Om even op mijn aankopen terug te komen:

2 topjes van turbosound (nieuw) met 2*10"+1" 250 watt rms aan 8 ohm
2 subs van turbosound (gebruikt) 18" 250 watt rms aan 8 ohm (frequentie:35-160 Hz)
Die boxen hebben samen 625 gekost.

4 keer DAS boxjes factor 8 (per stuk 100 watt rms 8 ohm) voor op mijn kamer.
Voor de vier: 50 euro

flightcase 20 He met wielen en voor en achter deksel. (bedoeld voor versterkers) 85 euro

versterker RAM audio (type: BU-2000) 2*1000 watt rms aan 4 ohm)
Een eindtrap kapot, maar koste inclusief splinternieuwe eindtrap 475 euro.

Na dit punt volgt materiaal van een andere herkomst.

-- ===== src/Identity/Bound.antt =====
-- execution/approval_wechat.py: what a proof that is taken says, and what an approval by message stands on.
use mathlib.Core.Path.{subst}
use trading_cat.Base.{
  ℕ, String, ◌≡◌, refl, sym, ◌∙◌, Bool, true, false, not, Option, none, some, arith, str_eq,
  same_text, eq_iff,
}
use trading_cat.Base.Action.{Result, ok, err, pure, raise_if}
use trading_cat.Base.Action.Outcome.{OnOk, bind-OnOk, gets-OnOk, or_raise-OnOk, raise_if-OnOk}
use trading_cat.Models.{ExecutionPlan, Confirmation}
use trading_cat.Store.{Store, Error, Method}
use trading_cat.Store.Confirmations.{get_confirmation, approve_confirmation}
use trading_cat.Orders.Approval.{IsApproval, approve_confirmation-OnOk}
use trading_cat.Identity.{
  IdentityProof, Claim, HmacIdentityVerifier, ApprovalError, Request, claims_differ, is_stale,
  given_owner, payload, verify, verify_identity, find_pending, within, as_replay, approve,
  owner_differs,
}

-- The verifier takes the proof for the claim, on behalf of the owner.
pub record IsProven (v : HmacIdentityVerifier) (p : IdentityProof) (c : Claim) (now : ℕ)
    (owner : String) : Type 0 where
  pub same_claims : claims_differ p c ≡ false
  pub timely : is_stale v.max_age_seconds now p.timestamp ≡ false
  pub mapped : v.owner_map p.subject ≡ some owner
  pub signed : v.hmac (payload p c) ≡ p.signature

given_lem : (o : Option String) (owner : String) → given_owner o ≡ some owner → o ≡ some owner
given_lem none owner h = cc
given_lem (some t) owner h = ground (arith, h)

pub verify-IsProven :
    (v : HmacIdentityVerifier) (p : IdentityProof) (c : Claim) (now : ℕ) (s : Store)
    → OnOk (λ owner t. (t ≡ s) × IsProven v p c now owner) (verify v p c now s)
unfolding verify pure
verify-IsProven v p c now s = raise_if-OnOk _ _ _ _ s λ same. raise_if-OnOk _ _ _ _ s λ fresh.
    or_raise-OnOk _ (given_owner (v.owner_map p.subject)) _ _ s λ owner mapped.
      raise_if-OnOk _ _ _ _ s λ signed. (
        refl,
        record {
          same_claims = same;
          timely = fresh;
          mapped = given_lem (v.owner_map p.subject) owner mapped;
          signed = same_text (v.hmac (payload p c)) p.signature signed;
        },
      )

module _ {A : Type 0} (f : Error → ApprovalError) where
  within-OnOk :
      (P : A → Store → Type 0) (m : Method A) (s : Store) → OnOk P (m s) → OnOk P (within f m s)
  unfolding within
  within-OnOk P m s h = done (m s) h
    where
      done : (r : Result Error A × Store) → OnOk P r → OnOk P (within f (λ _. r) s)
      done (ok a, t) k = k
      done (err e, t) k = tt

-- The proof is there, for this nonce, and its owner is who approves.
pub record IsIdentity (v : HmacIdentityVerifier) (proof : Option IdentityProof) (c : Claim)
    (who nonce : String) (now : ℕ) : Type 0 where
  pub given : IdentityProof
  pub is_given : proof ≡ some given
  pub same_nonce : given.nonce ≡ nonce
  pub proven : IsProven v given c now who

verify_identity-IsIdentity :
    (v : HmacIdentityVerifier) (proof : Option IdentityProof) (c : Claim) (who nonce : String)
    (now : ℕ) (s : Store)
    → OnOk
        (λ _ t. (t ≡ s) × IsIdentity v proof c who nonce now)
        (verify_identity v proof c who nonce now s)
unfolding verify_identity raise_if
verify_identity-IsIdentity v proof c who nonce now s = or_raise-OnOk _ proof _ _ s λ p given.
    raise_if-OnOk _ _ _ _ s λ same.
      bind-OnOk _ _ _ _ s (verify-IsProven v p c now s)
        λ owner t h. last p given (same_text p.nonce nonce same) owner t h (str_eq owner who) refl
  where
    last :
        (p : IdentityProof)
        → proof ≡ some p
        → p.nonce ≡ nonce
        → (owner : String) (t : Store) → (t ≡ s) × IsProven v p c now owner
        → (b : Bool) → str_eq owner who ≡ b
        → OnOk
            (λ _ u. (u ≡ s) × IsIdentity v proof c who nonce now)
            (raise_if (not b) owner_differs t)
    last p given same owner t h true e = (
      h.0,
      record {
        given = p;
        is_given = given;
        same_nonce = same;
        proven = subst (IsProven v p c now) ((eq_iff owner who).0 e) h.1;
      },
    )
    last p given same owner t h false e = tt

-- What an approval by message that returns stands on.
pub record IsSignedApproval (v : HmacIdentityVerifier) (channel : String) (q : Request)
    (plan : ExecutionPlan) (expected : String) (now : ℕ) (s : Store) (c : Confirmation) (t : Store)
    : Type 0 where
  pub shown : plan.plan_hash ≡ expected
  pub identity :
      IsIdentity v q.proof
        (record {
          action = "approve";
          confirmation_id = q.confirmation_id;
          plan_id = plan.plan_id;
          plan_hash = expected;
        })
        q.approved_by
        q.nonce
        now
  pub approval :
      IsApproval q.confirmation_id q.approved_by channel q.nonce
        (some plan.plan_id)
        (some expected)
        now
        s
        c
        t

find_pending-OnOk : (cid : String) (s : Store) → OnOk (λ _ t. t ≡ s) (find_pending cid s)
unfolding find_pending pure
find_pending-OnOk cid s =
    gets-OnOk _ _ _ s
      (or_raise-OnOk _ (get_confirmation cid s) _ _ s λ row _. raise_if-OnOk _ _ _ _ s λ _. refl)

module _ (v : HmacIdentityVerifier) (channel : String) (q : Request) (plan : ExecutionPlan)
    (expected : String) (now : ℕ) (s : Store) where
  approve-OnOk :
      OnOk
        (IsSignedApproval v channel q plan expected now s)
        (approve v channel q plan expected now s)
  unfolding approve
  approve-OnOk = bind-OnOk _ _ _ _ s (find_pending-OnOk q.confirmation_id s) λ _ t e.
      raise_if-OnOk _ _ _ _ t λ shown.
        bind-OnOk _ _ _ _ t (verify_identity-IsIdentity v q.proof _ q.approved_by q.nonce now t)
          λ _ u h. within-OnOk as_replay _ _ u (
            subst
              (λ x. OnOk (IsSignedApproval v channel q plan expected now s) (
                approve_confirmation q.confirmation_id q.approved_by channel q.nonce
                  (some plan.plan_id) (some expected) now x))
              (sym (h.0 ∙ e))
              (each _
                (λ c w a. record {
                  shown = same_text plan.plan_hash expected shown;
                  identity = h.1;
                  approval = a;
                })
                (approve_confirmation-OnOk q.confirmation_id q.approved_by channel q.nonce
                  (some plan.plan_id) (some expected) now s)))
    where
      each :
          (r : Result Error Confirmation × Store)
          → ((c : Confirmation) (w : Store)
              → IsApproval q.confirmation_id q.approved_by channel q.nonce
                  (some plan.plan_id)
                  (some expected)
                  now
                  s
                  c
                  w
              → IsSignedApproval v channel q plan expected now s c w)
          → OnOk
              (IsApproval q.confirmation_id q.approved_by channel q.nonce
                (some plan.plan_id)
                (some expected)
                now
                s)
              r
          → OnOk (IsSignedApproval v channel q plan expected now s) r
      each (ok c, w) f h = f c w h
      each (err e, w) f h = tt

-- An approval by message that returns was made on the plan that the user was shown, by a proof that the
-- verifier takes for just this approval and this nonce, whose subject stands for the one who approves; and
-- the ticket was PENDING, of this plan and this hash, under a nonce that no ticket had.
pub approve-IsSignedApproval :
    (v : HmacIdentityVerifier) (channel : String) (q : Request) (plan : ExecutionPlan)
    (expected : String) (now : ℕ) (s t : Store) (c : Confirmation)
    → approve v channel q plan expected now s ≡ (ok c, t)
    → IsSignedApproval v channel q plan expected now s c t
approve-IsSignedApproval v channel q plan expected now s t c h =
    subst (OnOk (IsSignedApproval v channel q plan expected now s)) h
      (approve-OnOk v channel q plan expected now s)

2 mushrooms voor 5 euri de twee. Zijn allebei defect, maar 1 is alweer gemaakt wat draadje zat los. (inclusief 2 lampjes)

Voorderest nog wat klein materiaal, plugjes enzo.

----------


## DJ.T

Weet je zeker dat je nou echte turbo hebt staan en niet dat setje dat een tijdje terug op marktplaats stond?
Lijkt me vreemd dat je voor zo weinig geld een complete set turbo hebt staan, mocht het wel echt zijn dan heb je dat mooi voor elkaar!

----------


## Drive inn tnt

Ik ben ook net terug. Heb 12 par 56 gekocht en 2 tornado scans met controller en kabels

----------


## R. den Ridder

zeg spike...die turbosoundset nog in de auto kunnen proppen? :-) die profieltjes pasten stukken beter :-)

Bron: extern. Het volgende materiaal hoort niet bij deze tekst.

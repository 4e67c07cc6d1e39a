-- ===== src/Identity/Payload.antt =====
-- execution/approval_wechat.py: what the signed text of a proof says.
use Prim.Native.Char.{Char, code}
use Prim.Native.String.{String}
use trading_cat.Base.{◌≡◌, refl, ap, sym, Bool, true, ◌&&◌, not, eqb, arith}
use trading_cat.Identity.{IdentityProof, Claim, payload, before, decimal}

abbrev is_separator : Char → Bool
is_separator c = eqb (code c) b'|'

-- A text without the separator in it.
unfoldable pub is_plain : String → Bool
is_plain String.[] = true
is_plain (String.◌∷◌ c s) = not (is_separator c) && is_plain s

tail_plain : (c : Char) (s : String) → is_plain (String.◌∷◌ c s) ≡ true → is_plain s ≡ true
unfolding is_plain
tail_plain c s h = ground (arith, h)

never_separator : (c : Char) (s : String) → is_plain (String.◌∷◌ c s) ≡ true → c ≡ "|" → ⊥
unfolding is_plain
never_separator c s h e = ground (arith, h, is_bar)
  where
    is_bar : is_separator c ≡ true
    is_bar = ap is_separator e

head_of : {c d : Char} {s t : String} → String.◌∷◌ c s ≡ String.◌∷◌ d t → c ≡ d
head_of e = cc

rest_of : {c d : Char} {s t : String} → String.◌∷◌ c s ≡ String.◌∷◌ d t → s ≡ t
rest_of e = cc

-- The first separator ends the field.
before_injective :
    (s t rest more : String)
    → is_plain s ≡ true
    → is_plain t ≡ true
    → before s rest ≡ before t more
    → (s ≡ t) × (rest ≡ more)
unfolding before
before_injective String.[] String.[] rest more h k e = (refl, rest_of e)
before_injective String.[] (String.◌∷◌ d t) rest more h k e =
    elim (never_separator d t k (sym (head_of e))) [ ]
before_injective (String.◌∷◌ c s) String.[] rest more h k e =
    elim (never_separator c s h (head_of e)) [ ]
before_injective (String.◌∷◌ c s) (String.◌∷◌ d t) rest more h k e =
    let both = before_injective s t rest more (tail_plain c s h) (tail_plain d t k) (rest_of e) in
    (longer (head_of e) both.0, both.1)
  where
    longer : c ≡ d → s ≡ t → String.◌∷◌ c s ≡ String.◌∷◌ d t
    longer a b = cc

-- None of the signed fields has a separator in it.
pub record IsPlain (p : IdentityProof) (c : Claim) : Type 0 where
  pub subject : is_plain p.subject ≡ true
  pub action : is_plain c.action ≡ true
  pub confirmation_id : is_plain c.confirmation_id ≡ true
  pub plan_id : is_plain c.plan_id ≡ true
  pub plan_hash : is_plain c.plan_hash ≡ true
  pub nonce : is_plain p.nonce ≡ true

-- What two signed texts agree on.
pub record Agree (p q : IdentityProof) (c d : Claim) : Type 0 where
  pub subject : p.subject ≡ q.subject
  pub action : c.action ≡ d.action
  pub confirmation_id : c.confirmation_id ≡ d.confirmation_id
  pub plan_id : c.plan_id ≡ d.plan_id
  pub plan_hash : c.plan_hash ≡ d.plan_hash
  pub nonce : p.nonce ≡ q.nonce
  pub timestamp : decimal p.timestamp ≡ decimal q.timestamp

-- If no field of two proofs and their claims has a separator in it, and the texts that are signed are the
-- same, then so are the subjects, the actions, the ids of ticket and plan, the plan's hashes, the nonces and
-- the decimal texts of the time stamps.
pub payload-Agree :
    (p q : IdentityProof) (c d : Claim)
    → IsPlain p c
    → IsPlain q d
    → payload p c ≡ payload q d
    → Agree p q c d
unfolding payload
payload-Agree p q c d h k e =
    let one = before_injective _ _ _ _ h.subject k.subject e in
    let two = before_injective _ _ _ _ h.action k.action one.1 in
    let three = before_injective _ _ _ _ h.confirmation_id k.confirmation_id two.1 in
    let four = before_injective _ _ _ _ h.plan_id k.plan_id three.1 in
    let five = before_injective _ _ _ _ h.plan_hash k.plan_hash four.1 in
    let six = before_injective _ _ _ _ h.nonce k.nonce five.1 in
    record {
      subject = one.0;
      action = two.0;
      confirmation_id = three.0;
      plan_id = four.0;
      plan_hash = five.0;
      nonce = six.0;
      timestamp = six.1;
    }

maar mooi setje heb je aan die turbo's!

----------


## Michel_G

> citaat:_Geplaatst door DJ.T_
> 
> Weet je zeker dat je nou echte turbo hebt staan en niet dat setje dat een tijdje terug op marktplaats stond?
> Lijkt me vreemd dat je voor zo weinig geld een complete set turbo hebt staan, mocht het wel echt zijn dan heb je dat mooi voor elkaar!

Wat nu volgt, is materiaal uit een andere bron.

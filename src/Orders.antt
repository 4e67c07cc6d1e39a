-- ===== src/Orders.antt =====
-- execution/order_manager.py: tickets, the atomic consumption of a ticket, recovery and submission.
pub mod Tickets
pub mod Consume
pub mod Submit
pub mod Approval
pub mod Gated
pub mod Returns
pub mod Evolve
pub mod Atomic
pub mod Complete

Heb ze bij bourgonje vandaan, importeur van turbosound. De subjes waren niet nieuw dus zat geen doos bij ofzo, maar hebben wel de turbosound kleur blauw en zijn exact modellen die turbosound heeft (incl. logo's turbosound). 

Die topjes zaten in dozen met stikkers van turbosound erop, met kaartjes met turbosound eraan en met logo van turbosound op voor en achterkant. Tevens kwam er een ontzettend strak en goed geluid uit. (dingen zijn meer dan 130 dB spl peak 1w/1m) en dat merkte je ook wel.

Lijkt me dus stug dat het geen turbosound is. 

(wat voor setje stond er op marktplaats ???)

@de heer de ridder: Heb je me zien staan met die subjes &gt;???? :Big Grin: 
Mijn pa was ervan overtuigd dat hij ze in de auto kreeg, maar dat was dus niet zo. Hij heeft maar even de aanhanger opgehaald  :Big Grin:  :Big Grin:  :Big Grin: 

Ik zet er binnenkort wel even foto's van op het forum, maar ik ga vanavond eerst even die nieuwe eindtrap in mijn versterker zetten.

----------


## Bats

VOlgens mij heb ik je dan nog zien staan met je subjes, toen we daar aankwamen...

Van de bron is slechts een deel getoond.